**TASK OBJECTIVE**
Where the line with "part_chunks-Inside zero real size (bytes" appears below, start writing out lines exactly, and finish with the line with "(r : ℕ × Text)", which is included; write out nothing else.

**DATA SHOWN**
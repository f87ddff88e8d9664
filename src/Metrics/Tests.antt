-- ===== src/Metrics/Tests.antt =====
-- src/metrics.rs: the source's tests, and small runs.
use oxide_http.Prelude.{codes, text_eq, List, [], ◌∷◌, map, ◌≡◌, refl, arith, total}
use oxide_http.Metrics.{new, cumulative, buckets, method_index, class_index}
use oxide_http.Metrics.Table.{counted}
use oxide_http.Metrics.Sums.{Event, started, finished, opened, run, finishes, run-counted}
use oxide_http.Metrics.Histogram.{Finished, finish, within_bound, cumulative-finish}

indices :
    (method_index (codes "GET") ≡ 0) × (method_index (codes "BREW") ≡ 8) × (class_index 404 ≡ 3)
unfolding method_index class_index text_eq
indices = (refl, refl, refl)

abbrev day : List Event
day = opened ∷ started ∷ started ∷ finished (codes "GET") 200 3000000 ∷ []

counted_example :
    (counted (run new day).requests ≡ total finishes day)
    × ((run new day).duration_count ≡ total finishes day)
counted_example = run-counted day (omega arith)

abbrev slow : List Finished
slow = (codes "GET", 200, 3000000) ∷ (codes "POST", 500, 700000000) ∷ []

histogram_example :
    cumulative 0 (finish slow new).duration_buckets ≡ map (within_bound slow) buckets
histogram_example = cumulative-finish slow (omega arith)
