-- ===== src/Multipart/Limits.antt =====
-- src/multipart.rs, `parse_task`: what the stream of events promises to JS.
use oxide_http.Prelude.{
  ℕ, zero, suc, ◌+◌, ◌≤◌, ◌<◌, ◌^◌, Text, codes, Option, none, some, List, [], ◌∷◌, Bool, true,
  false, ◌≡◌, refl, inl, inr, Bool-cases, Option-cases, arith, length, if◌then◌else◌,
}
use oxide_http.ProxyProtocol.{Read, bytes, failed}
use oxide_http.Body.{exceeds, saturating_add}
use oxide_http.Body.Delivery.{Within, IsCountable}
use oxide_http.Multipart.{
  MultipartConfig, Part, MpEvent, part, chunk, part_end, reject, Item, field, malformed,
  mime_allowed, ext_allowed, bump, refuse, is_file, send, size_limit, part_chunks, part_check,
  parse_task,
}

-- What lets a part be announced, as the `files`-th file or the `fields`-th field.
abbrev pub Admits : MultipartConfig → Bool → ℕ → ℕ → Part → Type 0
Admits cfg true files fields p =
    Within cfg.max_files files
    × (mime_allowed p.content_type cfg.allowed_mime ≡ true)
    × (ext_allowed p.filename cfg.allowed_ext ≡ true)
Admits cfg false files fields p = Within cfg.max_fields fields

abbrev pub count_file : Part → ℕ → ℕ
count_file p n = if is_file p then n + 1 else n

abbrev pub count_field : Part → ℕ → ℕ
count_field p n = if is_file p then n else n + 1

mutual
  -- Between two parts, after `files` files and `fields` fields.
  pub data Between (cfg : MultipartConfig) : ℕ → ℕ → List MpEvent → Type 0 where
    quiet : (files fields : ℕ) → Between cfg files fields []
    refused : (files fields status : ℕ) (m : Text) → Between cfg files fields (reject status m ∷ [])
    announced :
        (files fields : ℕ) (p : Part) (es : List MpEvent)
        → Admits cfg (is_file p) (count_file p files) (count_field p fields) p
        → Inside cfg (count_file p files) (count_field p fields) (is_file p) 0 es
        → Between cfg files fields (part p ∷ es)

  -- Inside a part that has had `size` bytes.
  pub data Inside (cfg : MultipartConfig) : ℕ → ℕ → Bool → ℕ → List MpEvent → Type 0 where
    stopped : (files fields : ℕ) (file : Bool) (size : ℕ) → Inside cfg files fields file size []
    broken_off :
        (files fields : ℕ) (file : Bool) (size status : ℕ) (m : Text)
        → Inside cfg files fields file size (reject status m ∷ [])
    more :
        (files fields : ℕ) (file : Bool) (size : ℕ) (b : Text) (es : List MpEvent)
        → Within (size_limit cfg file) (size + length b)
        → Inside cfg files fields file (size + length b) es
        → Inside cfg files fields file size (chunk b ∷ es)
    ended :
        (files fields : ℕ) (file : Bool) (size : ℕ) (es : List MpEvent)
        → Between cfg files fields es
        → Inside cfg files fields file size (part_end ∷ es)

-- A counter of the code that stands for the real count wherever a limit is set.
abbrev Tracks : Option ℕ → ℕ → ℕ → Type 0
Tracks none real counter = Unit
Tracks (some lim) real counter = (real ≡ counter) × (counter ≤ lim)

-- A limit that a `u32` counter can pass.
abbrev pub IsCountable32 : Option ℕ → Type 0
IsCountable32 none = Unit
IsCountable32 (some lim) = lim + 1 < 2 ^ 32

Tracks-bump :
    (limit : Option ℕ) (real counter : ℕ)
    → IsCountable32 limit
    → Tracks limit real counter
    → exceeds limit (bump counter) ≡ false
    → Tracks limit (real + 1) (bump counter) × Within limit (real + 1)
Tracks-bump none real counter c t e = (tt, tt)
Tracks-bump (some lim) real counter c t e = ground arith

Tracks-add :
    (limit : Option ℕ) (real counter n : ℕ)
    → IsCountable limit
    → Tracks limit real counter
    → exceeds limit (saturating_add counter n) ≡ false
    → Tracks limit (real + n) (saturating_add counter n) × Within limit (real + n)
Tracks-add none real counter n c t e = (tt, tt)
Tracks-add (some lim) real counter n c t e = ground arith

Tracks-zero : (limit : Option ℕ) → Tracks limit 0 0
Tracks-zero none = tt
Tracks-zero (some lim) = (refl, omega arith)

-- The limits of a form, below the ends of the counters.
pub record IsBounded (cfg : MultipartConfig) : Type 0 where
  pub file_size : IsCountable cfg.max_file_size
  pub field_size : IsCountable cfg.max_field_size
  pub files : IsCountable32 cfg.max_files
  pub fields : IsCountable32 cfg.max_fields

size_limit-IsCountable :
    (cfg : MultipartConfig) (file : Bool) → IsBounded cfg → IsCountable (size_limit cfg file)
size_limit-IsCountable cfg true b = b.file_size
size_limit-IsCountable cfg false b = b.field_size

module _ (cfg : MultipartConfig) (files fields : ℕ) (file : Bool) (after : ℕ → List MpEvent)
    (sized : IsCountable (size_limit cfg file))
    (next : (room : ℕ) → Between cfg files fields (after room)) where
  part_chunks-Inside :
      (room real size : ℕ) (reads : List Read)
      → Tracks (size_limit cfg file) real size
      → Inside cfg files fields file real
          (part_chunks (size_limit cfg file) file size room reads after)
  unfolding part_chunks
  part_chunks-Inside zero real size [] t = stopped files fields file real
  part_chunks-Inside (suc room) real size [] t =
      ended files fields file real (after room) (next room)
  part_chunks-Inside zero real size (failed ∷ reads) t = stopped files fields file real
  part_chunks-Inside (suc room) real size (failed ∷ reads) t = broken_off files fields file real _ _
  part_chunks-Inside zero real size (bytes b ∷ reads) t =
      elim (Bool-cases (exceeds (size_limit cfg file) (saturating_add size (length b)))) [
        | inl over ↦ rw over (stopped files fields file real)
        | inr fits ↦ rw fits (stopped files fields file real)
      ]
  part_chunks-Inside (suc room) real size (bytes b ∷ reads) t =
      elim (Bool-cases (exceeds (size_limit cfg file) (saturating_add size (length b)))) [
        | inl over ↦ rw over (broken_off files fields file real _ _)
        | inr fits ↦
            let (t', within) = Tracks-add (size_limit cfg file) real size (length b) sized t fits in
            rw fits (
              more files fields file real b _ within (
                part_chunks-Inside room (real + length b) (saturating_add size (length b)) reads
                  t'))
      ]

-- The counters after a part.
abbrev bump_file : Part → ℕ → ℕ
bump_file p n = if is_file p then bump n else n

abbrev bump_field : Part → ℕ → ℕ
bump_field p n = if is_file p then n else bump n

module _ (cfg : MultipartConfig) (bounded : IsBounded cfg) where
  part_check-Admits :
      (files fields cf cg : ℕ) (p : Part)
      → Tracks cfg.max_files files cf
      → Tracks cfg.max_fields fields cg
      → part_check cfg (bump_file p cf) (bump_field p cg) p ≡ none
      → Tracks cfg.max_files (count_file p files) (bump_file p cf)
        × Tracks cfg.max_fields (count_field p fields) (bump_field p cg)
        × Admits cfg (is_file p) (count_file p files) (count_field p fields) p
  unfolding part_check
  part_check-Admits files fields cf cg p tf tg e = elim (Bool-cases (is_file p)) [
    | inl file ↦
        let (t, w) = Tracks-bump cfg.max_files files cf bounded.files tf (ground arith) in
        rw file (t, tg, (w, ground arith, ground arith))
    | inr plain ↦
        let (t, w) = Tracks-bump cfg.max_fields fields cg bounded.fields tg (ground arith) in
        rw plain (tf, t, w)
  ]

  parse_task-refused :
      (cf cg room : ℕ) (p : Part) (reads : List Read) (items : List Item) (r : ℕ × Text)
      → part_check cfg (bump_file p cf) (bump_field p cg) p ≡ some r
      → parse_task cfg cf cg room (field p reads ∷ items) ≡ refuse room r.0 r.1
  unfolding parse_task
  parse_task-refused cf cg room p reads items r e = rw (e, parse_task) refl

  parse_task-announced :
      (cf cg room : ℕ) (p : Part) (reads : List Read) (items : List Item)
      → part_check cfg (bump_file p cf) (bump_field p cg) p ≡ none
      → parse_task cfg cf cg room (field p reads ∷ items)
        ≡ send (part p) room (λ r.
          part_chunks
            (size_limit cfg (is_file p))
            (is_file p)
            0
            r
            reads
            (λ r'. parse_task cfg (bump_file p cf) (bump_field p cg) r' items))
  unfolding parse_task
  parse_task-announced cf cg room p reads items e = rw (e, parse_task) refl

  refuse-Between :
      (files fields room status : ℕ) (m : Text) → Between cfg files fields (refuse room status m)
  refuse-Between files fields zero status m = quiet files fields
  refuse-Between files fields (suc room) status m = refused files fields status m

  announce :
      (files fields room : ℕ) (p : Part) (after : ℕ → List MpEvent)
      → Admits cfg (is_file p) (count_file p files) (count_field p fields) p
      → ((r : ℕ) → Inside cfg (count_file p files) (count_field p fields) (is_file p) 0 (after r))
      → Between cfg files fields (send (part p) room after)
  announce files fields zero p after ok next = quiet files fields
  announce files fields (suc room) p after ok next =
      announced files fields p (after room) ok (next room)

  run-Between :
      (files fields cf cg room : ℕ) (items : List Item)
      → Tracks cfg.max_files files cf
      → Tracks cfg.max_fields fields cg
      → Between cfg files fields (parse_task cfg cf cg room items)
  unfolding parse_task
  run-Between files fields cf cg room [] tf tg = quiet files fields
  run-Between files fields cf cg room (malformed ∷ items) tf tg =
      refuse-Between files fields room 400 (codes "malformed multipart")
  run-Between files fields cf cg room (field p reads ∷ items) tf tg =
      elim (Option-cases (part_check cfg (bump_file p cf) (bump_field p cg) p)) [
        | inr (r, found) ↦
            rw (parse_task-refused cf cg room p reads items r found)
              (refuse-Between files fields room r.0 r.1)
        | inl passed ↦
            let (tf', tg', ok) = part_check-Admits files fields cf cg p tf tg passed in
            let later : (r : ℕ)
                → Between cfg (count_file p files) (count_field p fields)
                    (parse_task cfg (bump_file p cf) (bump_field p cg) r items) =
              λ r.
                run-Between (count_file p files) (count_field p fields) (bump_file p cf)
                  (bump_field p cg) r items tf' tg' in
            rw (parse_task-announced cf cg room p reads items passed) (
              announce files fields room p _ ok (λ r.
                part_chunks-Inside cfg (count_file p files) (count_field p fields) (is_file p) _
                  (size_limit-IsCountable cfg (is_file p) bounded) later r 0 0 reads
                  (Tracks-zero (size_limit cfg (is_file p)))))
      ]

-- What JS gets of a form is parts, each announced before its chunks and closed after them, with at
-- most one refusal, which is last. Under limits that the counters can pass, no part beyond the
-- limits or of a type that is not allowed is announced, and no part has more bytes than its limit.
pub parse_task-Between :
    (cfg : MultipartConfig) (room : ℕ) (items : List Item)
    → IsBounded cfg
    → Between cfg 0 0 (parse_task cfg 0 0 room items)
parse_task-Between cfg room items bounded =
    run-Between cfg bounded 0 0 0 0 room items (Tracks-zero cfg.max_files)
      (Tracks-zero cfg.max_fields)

* * *

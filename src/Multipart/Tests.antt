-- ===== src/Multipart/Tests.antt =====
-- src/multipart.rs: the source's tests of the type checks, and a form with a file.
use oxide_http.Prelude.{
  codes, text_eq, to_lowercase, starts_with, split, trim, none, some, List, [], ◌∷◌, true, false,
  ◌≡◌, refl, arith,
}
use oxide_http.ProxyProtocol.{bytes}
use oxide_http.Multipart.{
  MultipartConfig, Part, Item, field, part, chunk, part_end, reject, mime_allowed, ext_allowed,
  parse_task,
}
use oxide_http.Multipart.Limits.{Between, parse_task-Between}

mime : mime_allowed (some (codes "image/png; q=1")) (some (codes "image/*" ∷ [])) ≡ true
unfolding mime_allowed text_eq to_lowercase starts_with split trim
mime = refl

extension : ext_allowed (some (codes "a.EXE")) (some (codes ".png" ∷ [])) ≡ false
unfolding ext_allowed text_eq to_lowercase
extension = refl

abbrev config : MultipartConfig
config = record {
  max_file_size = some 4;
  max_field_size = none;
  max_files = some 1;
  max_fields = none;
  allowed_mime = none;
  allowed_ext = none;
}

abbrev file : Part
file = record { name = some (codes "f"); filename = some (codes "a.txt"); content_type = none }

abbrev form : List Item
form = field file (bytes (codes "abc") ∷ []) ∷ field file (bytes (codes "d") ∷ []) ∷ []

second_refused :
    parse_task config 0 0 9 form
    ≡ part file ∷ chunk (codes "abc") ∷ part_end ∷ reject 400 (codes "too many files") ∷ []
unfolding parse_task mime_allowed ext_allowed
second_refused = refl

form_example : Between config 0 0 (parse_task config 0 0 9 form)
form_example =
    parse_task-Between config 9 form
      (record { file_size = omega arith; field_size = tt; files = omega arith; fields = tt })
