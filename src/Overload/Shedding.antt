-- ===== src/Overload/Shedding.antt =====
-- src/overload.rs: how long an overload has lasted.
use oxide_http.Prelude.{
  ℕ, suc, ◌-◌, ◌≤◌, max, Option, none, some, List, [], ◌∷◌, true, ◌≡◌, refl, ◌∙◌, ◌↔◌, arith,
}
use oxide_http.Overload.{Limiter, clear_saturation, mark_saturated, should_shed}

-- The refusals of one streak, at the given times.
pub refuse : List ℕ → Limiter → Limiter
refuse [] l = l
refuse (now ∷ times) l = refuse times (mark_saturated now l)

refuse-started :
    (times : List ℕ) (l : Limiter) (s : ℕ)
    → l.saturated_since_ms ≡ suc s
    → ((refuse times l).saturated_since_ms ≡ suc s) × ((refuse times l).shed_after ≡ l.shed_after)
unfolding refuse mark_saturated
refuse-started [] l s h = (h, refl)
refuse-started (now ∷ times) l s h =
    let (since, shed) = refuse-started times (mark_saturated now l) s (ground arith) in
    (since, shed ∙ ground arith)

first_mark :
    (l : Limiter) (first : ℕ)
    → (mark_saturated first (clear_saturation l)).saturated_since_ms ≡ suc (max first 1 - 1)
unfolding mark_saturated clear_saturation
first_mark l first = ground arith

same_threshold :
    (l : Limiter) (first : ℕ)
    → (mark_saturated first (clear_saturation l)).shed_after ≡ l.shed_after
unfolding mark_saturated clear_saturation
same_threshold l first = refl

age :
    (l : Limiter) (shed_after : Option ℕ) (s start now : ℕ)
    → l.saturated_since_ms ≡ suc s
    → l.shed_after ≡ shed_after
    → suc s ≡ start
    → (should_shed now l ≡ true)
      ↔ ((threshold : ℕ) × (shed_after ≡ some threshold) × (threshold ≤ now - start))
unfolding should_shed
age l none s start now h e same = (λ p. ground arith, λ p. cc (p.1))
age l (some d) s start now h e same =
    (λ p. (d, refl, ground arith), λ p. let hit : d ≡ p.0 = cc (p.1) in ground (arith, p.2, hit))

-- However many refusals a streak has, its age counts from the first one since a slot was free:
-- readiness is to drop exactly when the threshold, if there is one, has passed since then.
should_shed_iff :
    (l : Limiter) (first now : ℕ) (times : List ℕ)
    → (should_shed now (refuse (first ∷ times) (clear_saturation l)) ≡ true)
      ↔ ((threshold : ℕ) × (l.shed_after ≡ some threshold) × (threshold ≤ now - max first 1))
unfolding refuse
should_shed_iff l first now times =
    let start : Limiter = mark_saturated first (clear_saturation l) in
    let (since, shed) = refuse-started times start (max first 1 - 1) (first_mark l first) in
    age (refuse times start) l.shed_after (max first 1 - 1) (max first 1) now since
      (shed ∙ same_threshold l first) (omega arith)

--

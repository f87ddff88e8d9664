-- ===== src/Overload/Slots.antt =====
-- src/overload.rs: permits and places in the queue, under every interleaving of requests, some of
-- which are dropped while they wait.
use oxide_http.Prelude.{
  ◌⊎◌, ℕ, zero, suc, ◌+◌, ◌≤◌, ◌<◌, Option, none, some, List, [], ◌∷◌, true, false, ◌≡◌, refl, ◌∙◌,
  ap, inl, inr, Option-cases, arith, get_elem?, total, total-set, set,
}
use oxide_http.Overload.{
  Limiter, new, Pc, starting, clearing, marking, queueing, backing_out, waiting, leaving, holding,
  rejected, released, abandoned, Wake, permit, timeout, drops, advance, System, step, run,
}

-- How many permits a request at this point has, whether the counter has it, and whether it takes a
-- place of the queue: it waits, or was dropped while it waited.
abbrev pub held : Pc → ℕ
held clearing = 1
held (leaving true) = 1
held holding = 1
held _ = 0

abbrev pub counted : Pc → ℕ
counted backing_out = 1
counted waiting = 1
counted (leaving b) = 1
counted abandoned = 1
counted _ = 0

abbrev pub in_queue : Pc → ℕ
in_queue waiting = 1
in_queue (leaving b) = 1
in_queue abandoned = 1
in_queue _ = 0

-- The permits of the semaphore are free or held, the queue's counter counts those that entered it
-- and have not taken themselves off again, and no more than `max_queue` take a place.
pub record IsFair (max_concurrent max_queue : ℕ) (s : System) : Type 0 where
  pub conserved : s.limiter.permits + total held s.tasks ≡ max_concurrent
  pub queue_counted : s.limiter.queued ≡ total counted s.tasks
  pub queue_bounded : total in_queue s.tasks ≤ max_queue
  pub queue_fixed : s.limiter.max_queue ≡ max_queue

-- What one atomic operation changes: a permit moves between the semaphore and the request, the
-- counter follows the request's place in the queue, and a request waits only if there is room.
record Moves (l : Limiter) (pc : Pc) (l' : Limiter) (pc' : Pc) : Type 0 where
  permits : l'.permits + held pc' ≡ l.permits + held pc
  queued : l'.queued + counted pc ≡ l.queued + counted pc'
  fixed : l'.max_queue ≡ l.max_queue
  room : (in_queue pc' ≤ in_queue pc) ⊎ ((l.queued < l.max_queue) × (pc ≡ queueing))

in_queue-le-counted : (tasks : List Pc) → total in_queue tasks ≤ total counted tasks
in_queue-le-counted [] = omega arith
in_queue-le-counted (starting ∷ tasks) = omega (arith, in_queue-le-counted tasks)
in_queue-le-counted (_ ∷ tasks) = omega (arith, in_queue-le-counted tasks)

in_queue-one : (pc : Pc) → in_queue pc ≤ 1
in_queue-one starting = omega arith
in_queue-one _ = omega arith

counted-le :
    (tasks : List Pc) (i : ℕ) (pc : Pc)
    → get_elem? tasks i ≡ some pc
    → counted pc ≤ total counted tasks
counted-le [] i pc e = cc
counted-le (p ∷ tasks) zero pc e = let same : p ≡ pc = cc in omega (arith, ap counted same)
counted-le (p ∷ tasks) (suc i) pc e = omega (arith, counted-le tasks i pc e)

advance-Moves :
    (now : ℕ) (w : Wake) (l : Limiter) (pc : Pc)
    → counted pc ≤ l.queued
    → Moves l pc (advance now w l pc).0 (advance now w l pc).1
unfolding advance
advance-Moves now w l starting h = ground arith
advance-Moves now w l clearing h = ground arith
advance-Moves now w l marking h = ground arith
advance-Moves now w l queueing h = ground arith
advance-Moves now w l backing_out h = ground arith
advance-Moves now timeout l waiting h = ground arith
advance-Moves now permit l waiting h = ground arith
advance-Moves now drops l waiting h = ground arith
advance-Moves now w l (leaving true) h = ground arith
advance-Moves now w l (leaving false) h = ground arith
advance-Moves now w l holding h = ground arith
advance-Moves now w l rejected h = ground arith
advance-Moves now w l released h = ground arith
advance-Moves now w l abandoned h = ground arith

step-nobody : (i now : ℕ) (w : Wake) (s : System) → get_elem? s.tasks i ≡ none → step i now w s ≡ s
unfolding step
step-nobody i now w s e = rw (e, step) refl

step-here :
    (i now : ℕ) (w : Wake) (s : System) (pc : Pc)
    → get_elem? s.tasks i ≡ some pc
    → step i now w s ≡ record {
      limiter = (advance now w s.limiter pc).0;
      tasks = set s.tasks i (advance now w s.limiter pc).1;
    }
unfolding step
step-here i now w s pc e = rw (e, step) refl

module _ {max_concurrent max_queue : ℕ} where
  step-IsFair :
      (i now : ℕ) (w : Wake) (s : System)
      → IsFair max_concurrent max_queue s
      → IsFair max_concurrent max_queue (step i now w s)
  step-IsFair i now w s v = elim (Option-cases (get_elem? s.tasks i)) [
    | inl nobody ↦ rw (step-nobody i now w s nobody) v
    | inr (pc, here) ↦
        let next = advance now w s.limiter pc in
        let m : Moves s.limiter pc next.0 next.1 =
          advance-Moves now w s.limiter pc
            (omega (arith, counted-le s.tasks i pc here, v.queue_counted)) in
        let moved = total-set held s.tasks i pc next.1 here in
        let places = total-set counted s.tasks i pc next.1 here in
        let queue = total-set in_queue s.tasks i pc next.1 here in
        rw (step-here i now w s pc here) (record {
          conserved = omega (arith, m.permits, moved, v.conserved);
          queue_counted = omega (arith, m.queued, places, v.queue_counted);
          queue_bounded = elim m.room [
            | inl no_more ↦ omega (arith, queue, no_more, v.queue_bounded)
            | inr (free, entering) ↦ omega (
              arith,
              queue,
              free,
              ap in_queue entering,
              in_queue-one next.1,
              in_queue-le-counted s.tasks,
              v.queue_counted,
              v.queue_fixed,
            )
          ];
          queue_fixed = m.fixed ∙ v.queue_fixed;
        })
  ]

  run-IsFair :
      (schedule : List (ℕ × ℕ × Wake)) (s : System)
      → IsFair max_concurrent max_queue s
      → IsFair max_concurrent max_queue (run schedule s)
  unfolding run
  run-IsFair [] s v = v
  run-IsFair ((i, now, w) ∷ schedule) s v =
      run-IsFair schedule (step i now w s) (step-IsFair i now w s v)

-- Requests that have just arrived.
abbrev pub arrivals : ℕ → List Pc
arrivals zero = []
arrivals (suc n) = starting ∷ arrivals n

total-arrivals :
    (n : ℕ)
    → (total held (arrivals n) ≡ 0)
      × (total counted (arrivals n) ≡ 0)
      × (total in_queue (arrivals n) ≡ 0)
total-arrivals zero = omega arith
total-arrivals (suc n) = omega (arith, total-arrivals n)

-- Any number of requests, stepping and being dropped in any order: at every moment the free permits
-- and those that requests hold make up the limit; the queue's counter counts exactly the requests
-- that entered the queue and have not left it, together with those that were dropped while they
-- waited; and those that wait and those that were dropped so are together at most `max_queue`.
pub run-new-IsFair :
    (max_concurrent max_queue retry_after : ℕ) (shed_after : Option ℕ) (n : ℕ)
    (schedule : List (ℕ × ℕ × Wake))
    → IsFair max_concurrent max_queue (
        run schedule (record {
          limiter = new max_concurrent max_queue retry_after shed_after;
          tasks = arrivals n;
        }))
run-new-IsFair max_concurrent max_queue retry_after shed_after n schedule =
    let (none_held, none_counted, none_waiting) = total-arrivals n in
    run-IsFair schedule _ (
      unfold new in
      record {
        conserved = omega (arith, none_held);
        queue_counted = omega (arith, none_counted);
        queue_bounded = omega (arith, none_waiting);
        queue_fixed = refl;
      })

**WRITTEN RESPONSE**
  part_chunks-Inside zero real size (bytes b ∷ reads) t =
      elim (Bool-cases (exceeds (size_limit cfg file) (saturating_add size (length b)))) [
        | inl over ↦ rw over (stopped files fields file real)
        | inr fits ↦ rw fits (stopped files fields file real)
      ]
  part_chunks-Inside (suc room) real size (bytes b ∷ reads) t =
      elim (Bool-cases (exceeds (size_limit cfg file) (saturating_add size (length b)))) [
        | inl over ↦ rw over (broken_off files fields file real _ _)
        | inr fits ↦
            let (t', within) = Tracks-add (size_limit cfg file) real size (length b) sized t fits in
            rw fits (
              more files fields file real b _ within (
                part_chunks-Inside room (real + length b) (saturating_add size (length b)) reads
                  t'))
      ]

-- The counters after a part.
abbrev bump_file : Part → ℕ → ℕ
bump_file p n = if is_file p then bump n else n

abbrev bump_field : Part → ℕ → ℕ
bump_field p n = if is_file p then n else bump n

module _ (cfg : MultipartConfig) (bounded : IsBounded cfg) where
  part_check-Admits :
      (files fields cf cg : ℕ) (p : Part)
      → Tracks cfg.max_files files cf
      → Tracks cfg.max_fields fields cg
      → part_check cfg (bump_file p cf) (bump_field p cg) p ≡ none
      → Tracks cfg.max_files (count_file p files) (bump_file p cf)
        × Tracks cfg.max_fields (count_field p fields) (bump_field p cg)
        × Admits cfg (is_file p) (count_file p files) (count_field p fields) p
  unfolding part_check
  part_check-Admits files fields cf cg p tf tg e = elim (Bool-cases (is_file p)) [
    | inl file ↦
        let (t, w) = Tracks-bump cfg.max_files files cf bounded.files tf (ground arith) in
        rw file (t, tg, (w, ground arith, ground arith))
    | inr plain ↦
        let (t, w) = Tracks-bump cfg.max_fields fields cg bounded.fields tg (ground arith) in
        rw plain (tf, t, w)
  ]

  parse_task-refused :
      (cf cg room : ℕ) (p : Part) (reads : List Read) (items : List Item) (r : ℕ × Text)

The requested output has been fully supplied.